Activity >> Below is a listing; restate from it, character for character, the lines beginning at the line holding "abbrev code : ℕ → Instruction ℕ × ℕ" and ending at the line holding "called_stack = refl", both included.
┄┄┄┄┄┄┄┄┄┄
-- ===== src/Examples/Processes.antt =====
-- A process of src/process.cpp whose function `main` entered a block and called `f`, which deferred
-- `d` and threw an exception that the block catches.
use Prim.Native.String.{String}
use wudoovm.Common.{
  inl, ◌⊎◌, ℕ, zero, suc, ◌+◌, ◌≤◌, ◌<◌, ◌≡◌, ◌≢◌, refl, false, none, some, List, [], ◌∷◌, ◌==◌,
  if◌then◌else◌, if◌then◌else◌, arith,
}
use wudoovm.Common.Int.{pos}
use wudoovm.Common.Outcome
use wudoovm.Common.Outcome.{ok}
use wudoovm.Kernel.Value.{plain}
use wudoovm.Process.Code.{Kernel, is_native_function, get_entry_point_of, get_entry_point_of_block}
use wudoovm.Process.State.{
  update, Process, Frame, Stack, TryFrame, Thrown, running,
  suspended_by_deferred_during_stack_unwinding, text, number,
}
use wudoovm.Process.Action.{
  ◌>>=◌, gets, when, found, throw_if, on_stack, on_current, thrown_text, described,
}
use wudoovm.Process.Prepared.{prepare_frame, push_prepared_frame}
use wudoovm.Process.Unwinding.{unwind, find_catcher}
use wudoovm.Process.Tick.{Instruction, Values, frame, call, ret, tick, dispatch, catch_with}
use wudoovm.Process.Calls.{opframe, opcall}
use wudoovm.Process.Life.{run_code, ticks, create, start, Reach, here, next, starts}
use wudoovm.Process.Ownership.{IsValid}
use wudoovm.Process.Ownership.Reachable.{Reach-IsValid, push-ne-corruption}
use wudoovm.Process.Deferred.{without_base}
use wudoovm.Process.Deferred.Frames.{schedule, cleared_all}
use wudoovm.Process.Deferred.Catching.{unwind_caught}
use wudoovm.Process.Deferred.Uncaught.{unwind-uncaught}
use wudoovm.Process.Deferred.Resuming.{TakesAll, unwind_resumed}
use wudoovm.Process.Pushing.{push_prepared_frame-cases}

abbrev pub kernel : Kernel
kernel = record {
  bytecode = 1000;
  function_addresses = ("main", 0) ∷ ("f", 50) ∷ ("d", 60) ∷ [];
  block_addresses = ("b", 100) ∷ ("h", 200) ∷ [];
  linked_functions = [];
  linked_blocks = [];
  foreign_functions = [];
  linked_modules = [];
  byte_at = λ a. 0;
}

abbrev pub named : String → List ℕ → Frame ℕ
named name calls = record {
  return_address = none;
  arguments = record { registerset_size = 0; registers = [] };
  local_register_set = none;
  return_register = none;
  deferred_calls = calls;
  function_name = name;
}

abbrev pub frames : ℕ → Frame ℕ
frames zero = named "main" []
frames (suc zero) = named "f" (2 ∷ [])
frames (suc (suc n)) = named "d" []

abbrev pub block : TryFrame
block = record {
  return_address = some 1010;
  associated_frame = some 0;
  block_name = "b";
  catchers = ("E", "h") ∷ [];
}

abbrev pub thrown_e : Thrown ℕ
thrown_e = record { tag = "E"; description = []; value = none }

-- The blocks that were entered later have no catchers.
abbrev pub blocks : ℕ → TryFrame
blocks zero = block
blocks (suc n) = record block { associated_frame = some 3; catchers = [] }

abbrev pub throwing : List ℕ → Stack ℕ
throwing ts = record {
  frames = 1 ∷ 0 ∷ [];
  current_state = running;
  entry_function = "main";
  jump_base = some 1000;
  instruction_pointer = some 1055;
  frame_new = none;
  tryframes = ts;
  try_frame_new = none;
  thrown = some thrown_e;
  caught = none;
  return_value = none;
}

abbrev pub with_stack : Stack ℕ → Process ℕ
with_stack x = record {
  cells = [];
  frame_at = frames;
  next_frame = 4;
  try_frame_at = blocks;
  next_try_frame = 2;
  stack_at = λ s. x;
  next_stack = 1;
  stack = 0;
  stacks_order = [];
  global_register_set = record { registerset_size = 0; registers = [] };
  static_registers = [];
  is_suspended = false;
  finished = false;
}

-- `f` called `d`, which entered a block that catches nothing and threw the exception.
abbrev deep : Stack ℕ
deep = record (throwing (1 ∷ 0 ∷ [])) { frames = 3 ∷ 1 ∷ 0 ∷ [] }

unwind_caught_example :
    (q : Process ℕ) × (unwind kernel 0 (with_stack deep) ≡ (ok tt, q))
    × (schedule q ≡ (2 ∷ []) ∷ (3 ∷ 1 ∷ 0 ∷ []) ∷ [])
    × (without_base (q.stack_at 0) ≡ record deep {
      current_state = suspended_by_deferred_during_stack_unwinding;
      jump_base = none;
      instruction_pointer = some 1200;
      tryframes = 0 ∷ [];
      thrown = none;
      caught = some thrown_e;
    })
    × (q.frame_at ≡ cleared_all frames (1 ∷ 3 ∷ []))
unfolding get_entry_point_of get_entry_point_of_block
unwind_caught_example =
    unwind_caught kernel 0 (with_stack deep) thrown_e 0 "h" (1200, 1000) (1 ∷ []) [] (3 ∷ 1 ∷ []) 0
      [] refl refl refl (refl, tt) refl refl refl refl (inl refl) (((1060, 1000), refl), tt)
      (refl, (refl, tt)) tt (omega arith)

unwind-uncaught_example :
    (q : Process ℕ) × (unwind kernel 0 (with_stack (throwing [])) ≡ (ok tt, q))
    × (schedule q ≡ (2 ∷ []) ∷ (1 ∷ 0 ∷ []) ∷ [])
    × (without_base (q.stack_at 0) ≡ without_base (throwing []))
    × (q.frame_at ≡ cleared_all frames (0 ∷ 1 ∷ []))
unfolding find_catcher get_entry_point_of
unwind-uncaught_example =
    unwind-uncaught kernel 0 (with_stack (throwing [])) thrown_e refl refl
      (((1060, 1000), refl), tt) (refl, (refl, tt)) tt (omega arith)

-- The stack after the deferred call of `f` has returned.
abbrev suspended : Stack ℕ
suspended = record deep {
  current_state = suspended_by_deferred_during_stack_unwinding;
  thrown = none;
  caught = some thrown_e;
}

pub no_parameters : TakesAll {V = ℕ} (record { registerset_size = 0; registers = [] })
no_parameters = record { well_formed = refl; taken = λ i. refl }

unwind_resumed_example :
    (q : Process ℕ) × (unwind kernel 0 (with_stack suspended) ≡ (ok tt, q))
    × ((j : ℕ)
        → q.stack_at j
          ≡ update
              (λ i. suspended)
              0
              (record suspended {
                frames = 0 ∷ [];
                current_state = running;
                jump_base = some 1000;
                instruction_pointer = some 1200;
                tryframes = 0 ∷ [];
              })
              j)
    × (q.stack ≡ 0)
    × (q.stacks_order ≡ [])
    × (q.frame_at ≡ frames)
unfolding get_entry_point_of_block
unwind_resumed_example =
    unwind_resumed kernel 0 (with_stack suspended) thrown_e 0 "h" (1200, 1000) (1 ∷ []) []
      (3 ∷ 1 ∷ []) 0 [] refl refl refl (refl, tt) refl refl refl refl (inl refl)
      (no_parameters, (no_parameters, tt))

-- The stack with a frame that an instruction `frame` has prepared.
abbrev prepared : Stack ℕ
prepared = record (throwing []) { frame_new = some 2 }

push_prepared_frame-cases_example :
    ((2 ≤ 8192)
      × (q : Process ℕ) × (push_prepared_frame 0 (with_stack prepared) ≡ (ok tt, q))
      × (q.stack_at 0 ≡ record prepared { frames = 2 ∷ 1 ∷ 0 ∷ []; frame_new = none }))
    ⊎ ((8192 < 2)
        × (push_prepared_frame 0 (with_stack prepared) ≡ (
          Outcome.throw (
              described (
                text "stack size ("
                ∷ number 8192
                ∷ text ") exceeded with call to '"
                ∷ text "d"
                ∷ text "'"
                ∷ [])),
          with_stack prepared,
        )))
push_prepared_frame-cases_example = push_prepared_frame-cases 0 (with_stack prepared) 2 refl refl

abbrev numbers : Values ℕ
numbers = record {
  as_integer = λ v. pos 0;
  as_exception = λ v. none;
  type_of = λ v. "Integer";
  to_value = λ e. plain 0;
  boolean = λ b. if b then 1 else 0;
}

-- The bytecode of `main`, which calls `f`, and of `f`, which returns.
abbrev code : ℕ → Instruction ℕ × ℕ
code a =
    if a == 1000 then (frame 0, 1002) else if a == 1002 then (call none "f", 1007) else (ret, a + 2)

abbrev after_tick : Process ℕ → Process ℕ
after_tick p = (tick kernel (run_code numbers kernel code) p).1

abbrev started : Process ℕ
started = (start kernel (create (named "main" []))).1

abbrev framed : Process ℕ
framed = after_tick started

abbrev called : Process ℕ
called = after_tick framed

called_stack : Stack.frames (called.stack_at 0) ≡ 1 ∷ 0 ∷ []
unfolding tick run_code dispatch opframe opcall start create ◌>>=◌ gets when found throw_if on_stack
    on_current catch_with prepare_frame is_native_function get_entry_point_of
called_stack = refl

abbrev to_framed : Reach numbers kernel code (create (named "main" [])) framed
to_framed = next (next here (starts refl)) (ticks refl)

Reach-IsValid_example : IsValid called
Reach-IsValid_example =
    Reach-IsValid numbers kernel code (named "main" []) called refl (next to_framed (ticks refl))

push-ne-corruption_example :
    (push_prepared_frame 0 framed).0 ≢ Outcome.throw (thrown_text (text "corrupted" ∷ []))
push-ne-corruption_example =
    push-ne-corruption numbers kernel code (named "main" []) framed refl to_framed 0
      (text "corrupted" ∷ [])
┄┄┄┄┄┄┄┄┄┄
Result >>
abbrev code : ℕ → Instruction ℕ × ℕ
code a =
    if a == 1000 then (frame 0, 1002) else if a == 1002 then (call none "f", 1007) else (ret, a + 2)

abbrev after_tick : Process ℕ → Process ℕ
after_tick p = (tick kernel (run_code numbers kernel code) p).1

abbrev started : Process ℕ
started = (start kernel (create (named "main" []))).1

abbrev framed : Process ℕ
framed = after_tick started

abbrev called : Process ℕ
called = after_tick framed

called_stack : Stack.frames (called.stack_at 0) ≡ 1 ∷ 0 ∷ []
unfolding tick run_code dispatch opframe opcall start create ◌>>=◌ gets when found throw_if on_stack
    on_current catch_with prepare_frame is_native_function get_entry_point_of
called_stack = refl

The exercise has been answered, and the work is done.